Aim of the task: Scan each line of the entries below for the word "RuntimePromptSource" and count the ones where it appears. The answer is that number alone.

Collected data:
-- ===== src/Prompt.antt =====
-- crates/santi-core/src/service/session/kernel/runtime_prompt.rs: the prompt that a provider is
-- given beside the messages.
pub mod Kept
pub mod Examples
use santi.Base.{
  String, Bool, true, false, not, Option, none, some, List, [], ◌∷◌, ◌++◌, filter, if◌then◌else◌,
}
use santi.Base.Texts.{format, join, is_blank}

pub record RuntimePromptMeta : Type 0 where
  pub session_id : Option String
  pub soul_id : Option String
  pub has_soul_memory : Bool
  pub has_session_memory : Bool
  pub has_request_instructions : Bool

pub record RuntimePrompt : Type 0 where
  pub meta : RuntimePromptMeta
  pub sections : List String

pub record RuntimePromptSource : Type 0 where
  pub session_id : Option String
  pub soul_id : Option String
  pub soul_memory : Option String
  pub session_memory : Option String
  pub request_instructions : Option String

-- `.filter(|text| !text.trim().is_empty())` of an option.
unfoldable pub not_blank : Option String → Option String
unfolding is_blank
not_blank none = none
not_blank (some s) = if is_blank s then none else some s

abbrev pub is_some : Option String → Bool
is_some none = false
is_some (some s) = true

-- `if let Some(text) = … { sections.push(text) }`.
abbrev pub pushed : Option String → List String
pushed none = []
pushed (some s) = s ∷ []

unfoldable pub build_runtime_prompt : RuntimePromptSource → RuntimePrompt
unfolding not_blank
build_runtime_prompt source =
    let soul_memory = not_blank source.soul_memory in
    let session_memory = not_blank source.session_memory in
    let request_instructions = not_blank source.request_instructions in
    record {
      meta = record {
        session_id = source.session_id;
        soul_id = source.soul_id;
        has_soul_memory = is_some soul_memory;
        has_session_memory = is_some session_memory;
        has_request_instructions = is_some request_instructions;
      };
      sections = pushed soul_memory ++ (pushed session_memory ++ pushed request_instructions);
    }

-- `{}` of a `bool`.
abbrev show_bool : Bool → String
show_bool true = "true"
show_bool false = "false"

abbrev line_of : String → Option String → List String
line_of name none = []
line_of name (some s) = format (name ∷ ": " ∷ s ∷ []) ∷ []

unfoldable pub meta_lines : RuntimePromptMeta → List String
unfolding format
meta_lines meta =
    line_of "session_id" meta.session_id
    ++ (line_of "soul_id" meta.soul_id
        ++ (format ("has_soul_memory: " ∷ show_bool meta.has_soul_memory ∷ [])
            ∷ format ("has_session_memory: " ∷ show_bool meta.has_session_memory ∷ [])
            ∷ format ("has_request_instructions: " ∷ show_bool meta.has_request_instructions ∷ [])
            ∷ []))

-- The list of lines is never empty, so the block is always there.
unfoldable pub meta_block : RuntimePromptMeta → String
unfolding meta_lines format join
meta_block meta = format ("<santi-meta>\n" ∷ join "\n" (meta_lines meta) ∷ "\n</santi-meta>" ∷ [])

unfoldable pub prompt_parts : RuntimePrompt → List String
unfolding meta_block
prompt_parts prompt =
    "You are santi, a customized personal agent service."
    ∷ (prompt.sections ++ meta_block prompt.meta ∷ [])

unfoldable pub render : RuntimePrompt → Option String
unfolding prompt_parts is_blank join
render prompt =
    let rendered = join "\n\n" (filter (λ part. not (is_blank part)) (prompt_parts prompt)) in
    if is_blank rendered then none else some rendered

Written solution: 2